Lazy (?) Summer Days

Submitted by renee on Thu, 2008-06-26 02:35.

I'm not sure exactly when the summer steam roll train started this year. Probably sometime in February when I began to fantasize about raised beds, weekly pick-ups at the farm, fresh picked berries, wearing sundresses and going to the beach.

I'm officially five days into summer and pretty dog tired from living out my winter fantasies. (No, not that kind silly!) Maybe feeling tired is just a Wednesday thing.

"oh, what a lovely flower" as my kids wait in the car to go to the next farm."oh, what a lovely flower", as my kids wait in the car to go to yet another farm

Or maybe it's the-week-is-crammed-with-so-many-good-summer-things-but-you-just-can't-stop-because-the-summer-train's-a-rollin'. Whew, I got tired just typing that.

I'm thinking crossing my fingers a lazy week or even a day will come along in the next couple weeks, realistically sometime after our camping trip. But this week's list of dentist appointment, library visit, berry picking(s) and freezing, cooking a meal for 20 folks, trip to the beach, unsuccessful trip to farm to get manure for building raised bed, last horse riding lesson, farm pick up, and usual weekly errands, grocery shopping, cooking and general home management doesn't allow for a lot of lazing around.*

Frozen strawberries ready to be put into freezer bagsFrozen strawberries ready to be put into freezer bags

Sometimes that's the way summer is.
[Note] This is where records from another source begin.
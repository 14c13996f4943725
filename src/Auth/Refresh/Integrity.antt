-- ===== src/Auth/Refresh/Integrity.antt =====
-- The rules that the table of refresh tokens keeps, and that `rotate` preserves them on every path:
-- gateway/src/auth/refresh.rs over migrations/100 and 101.
use rust_web_fullstack.Prelude.{
  ℕ, ◌≤◌, ◌<◌, Bool, true, false, ◌&&◌, Text, some, ◌∷◌, ◌≡◌, refl, inr, arith, ◌==◌, ==_refl, ◌⊎◌,
  map,
}
use rust_web_fullstack.Prelude.Int.{ℤ, ltb_ℤ}
use rust_web_fullstack.Domain.{Uuid, DateTime}
use rust_web_fullstack.Auth.Store.{
  Row, Table, is_live, select_active, mark_replaced, replace_if, revoke_if, revoke_family,
}
use rust_web_fullstack.Auth.Store.Counts.{
  count, has_jti, has_digest, in_family, is_replaced, count-map_stable, count-map-le,
  count-mark_replaced, count-pos_of_first, first_holds,
}
use rust_web_fullstack.Auth.Refresh.{Libraries, Outcomes, rotate, hash_refresh_token}
use rust_web_fullstack.Auth.Refresh.Rotation.{successor}
use rust_web_fullstack.Auth.Refresh.Effects.{Effect, unchanged, revoked, rotated, rotate-Effect}

abbrev pub live_in : Uuid → Row → Bool
live_in f r = in_family f r && is_live r

-- Identifiers and digests are unique, a family has one live token at most, and holds the row that
-- it is named after; a token that was replaced is not live.
pub record IsSound (t : Table) : Type 0 where
  pub jtis : (j : Uuid) → count (has_jti j) t ≤ 1
  pub digests : (h : ℕ) → count (has_digest h) t ≤ 1
  pub one_live : (f : Uuid) → count (live_in f) t ≤ 1
  pub rooted : (f : Uuid) → count (has_jti f) t ≡ 0 → count (in_family f) t ≡ 0
  pub replaced_dead : count (λ r. is_live r && is_replaced r) t ≡ 0

-- An update that keeps the identity of every row, revives none and names a replacement only where
-- it revokes, keeps the rules.
pub map-IsSound :
    (f : Row → Row)
    → ((j : Uuid) (r : Row) → has_jti j (f r) ≡ has_jti j r)
    → ((h : ℕ) (r : Row) → has_digest h (f r) ≡ has_digest h r)
    → ((g : Uuid) (r : Row) → in_family g (f r) ≡ in_family g r)
    → ((r : Row) → is_live (f r) ≡ true → is_live r ≡ true)
    → ((r : Row)
        → (is_live (f r) && is_replaced (f r)) ≡ true
        → (is_live r && is_replaced r) ≡ true)
    → (t : Table) → IsSound t
    → IsSound (map f t)
map-IsSound f same_jti same_digest same_family no_revival dead t v = record {
  jtis = λ j. rw (count-map_stable (has_jti j) f (same_jti j) t) (v.jtis j);
  digests = λ h. rw (count-map_stable (has_digest h) f (same_digest h) t) (v.digests h);
  one_live = λ g. omega (
    arith,
    v.one_live g,
    count-map-le (live_in g) f (λ r e. ground (arith, same_family g r, no_revival r)) t,
  );
  rooted = λ g e.
      rw (count-map_stable (in_family g) f (same_family g) t)
        (v.rooted g (rw (count-map_stable (has_jti g) f (same_jti g) t) at e));
  replaced_dead =
      omega (arith, v.replaced_dead, count-map-le (λ r. is_live r && is_replaced r) f dead t);
}

pub revoke_family-IsSound :
    (now : DateTime) (g : Uuid) (t : Table) → IsSound t → IsSound (revoke_family now g t)
unfolding revoke_family
revoke_family-IsSound now g t v =
    map-IsSound (revoke_if (in_family g) now) (λ j r. ground arith) (λ h r. ground arith)
      (λ f r. ground arith) (λ r e. ground arith) (λ r e. ground arith) t v

mark_replaced-IsSound :
    (now : DateTime) (new old : Uuid) (t : Table)
    → IsSound t
    → IsSound (mark_replaced now new old t)
unfolding mark_replaced
mark_replaced-IsSound now new old t v =
    map-IsSound (replace_if now new old) (λ j r. ground arith) (λ h r. ground arith)
      (λ f r. ground arith) (λ r e. ground arith) (λ r e. ground arith) t v

-- A row may be added if its identifier and digest are new, it replaces nothing yet, its family is
-- its own or has a row already, and no other row of its family is live.
pub insert-IsSound :
    (new : Row) (t : Table)
    → count (has_jti new.jti) t ≡ 0
    → count (has_digest new.hashed_token) t ≡ 0
    → is_replaced new ≡ false
    → (new.family_id ≡ new.jti) ⊎ (0 < count (in_family new.family_id) t)
    → count (live_in new.family_id) t ≡ 0
    → IsSound t
    → IsSound (new ∷ t)
unfolding count
insert-IsSound new t jti digest fresh family alone v = record {
  jtis = λ j. ground (arith, v.jtis j);
  digests = λ h. ground (arith, v.digests h);
  one_live = λ f. ground (arith, v.one_live f);
  rooted = λ f e. ground (arith, v.rooted f);
  replaced_dead = ground (arith, v.replaced_dead);
}

active_row :
    (h : ℕ) (now : DateTime) (t : Table) (old : Row)
    → select_active h now t ≡ some old
    → (is_live old ≡ true) × (has_digest h old ≡ true) × (0 < count (in_family old.family_id) t)
unfolding select_active
active_row h now t old e =
    let p : Row → Bool = λ r. r.hashed_token == h && is_live r && ltb_ℤ now r.expires_at in
    let holds : p old ≡ true = first_holds p t e in
    (
      ground (arith, holds),
      ground (arith, holds),
      count-pos_of_first p (in_family old.family_id) t e (==_refl _),
    )

count_family_marked :
    (f : Uuid) (now : DateTime) (new old : Uuid) (t : Table)
    → count (in_family f) (mark_replaced now new old t) ≡ count (in_family f) t
unfolding mark_replaced
count_family_marked f now new old t =
    count-map_stable (in_family f) (replace_if now new old) (λ r. ground arith) t

-- The family of a token that is replaced has no live row left.
mark_replaced_alone :
    (h : ℕ) (now : DateTime) (new : Uuid) (t : Table) (old : Row)
    → IsSound t
    → select_active h now t ≡ some old
    → count (live_in old.family_id) (mark_replaced now new old.jti t) ≡ 0
unfolding select_active
mark_replaced_alone h now new t old v e = omega (
  arith,
  v.one_live old.family_id,
  count-mark_replaced _ (in_family old.family_id) now new old t (λ r. ground arith) e (==_refl _)
      (active_row h now t old e).0,
)

rotated-IsSound :
    (new : Row) (h : ℕ) (now : DateTime) (t : Table) (old : Row)
    → new.family_id ≡ old.family_id
    → is_replaced new ≡ false
    → select_active h now t ≡ some old
    → count (has_jti new.jti) (mark_replaced now new.jti old.jti t) ≡ 0
    → count (has_digest new.hashed_token) (mark_replaced now new.jti old.jti t) ≡ 0
    → IsSound t
    → IsSound (new ∷ mark_replaced now new.jti old.jti t)
rotated-IsSound new h now t old same fresh e jti digest v =
    insert-IsSound new (mark_replaced now new.jti old.jti t) jti digest fresh
      (inr (rw (same, count_family) (active_row h now t old e).2))
      (rw same (mark_replaced_alone h now new.jti t old v e))
      (mark_replaced-IsSound now new.jti old.jti t v)
  where
    count_family :
        count (in_family old.family_id) (mark_replaced now new.jti old.jti t)
        ≡ count (in_family old.family_id) t
    count_family = count_family_marked old.family_id now new.jti old.jti t

-- Whatever `rotate` meets and answers, a table that keeps the rules keeps them: identifiers and
-- digests stay unique, every family still holds its root and one live token at most, and a
-- replaced token is never live.
pub rotate-IsSound :
    (lib : Libraries) (io : Outcomes) (raw : Text) (now : DateTime) (ttl : ℤ) (t : Table)
    → IsSound t
    → IsSound (rotate lib io raw now ttl t).0
rotate-IsSound lib io raw now ttl t v = keep (rotate-Effect lib io raw now t ttl)
  where
    keep : {u : Table} → Effect lib io raw now t u → IsSound u
    keep (unchanged e) = rw e v
    keep (revoked r found e) = rw e (revoke_family-IsSound now r.family_id t v)
    keep (rotated old token until active e jti digest) = rw e (
        rotated-IsSound (successor lib io old token now until) (hash_refresh_token lib raw) now t
          old refl refl active jti digest v)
The "must-dos" all happen NOW because the same weather that ripens the berries for picking (the window of time for picking organic strawberries in Maine is brief) makes for great beach days and for growing weeds in the garden and for picnics and for nightly skateboarding and hiking and camping.....

Tonight is a happy life-is-full tired but I'll be glad for some happy feeling-lazy tired too.

*footnote: Did you know that at week's end the kids & I will have been to 6 different farms this week, cool.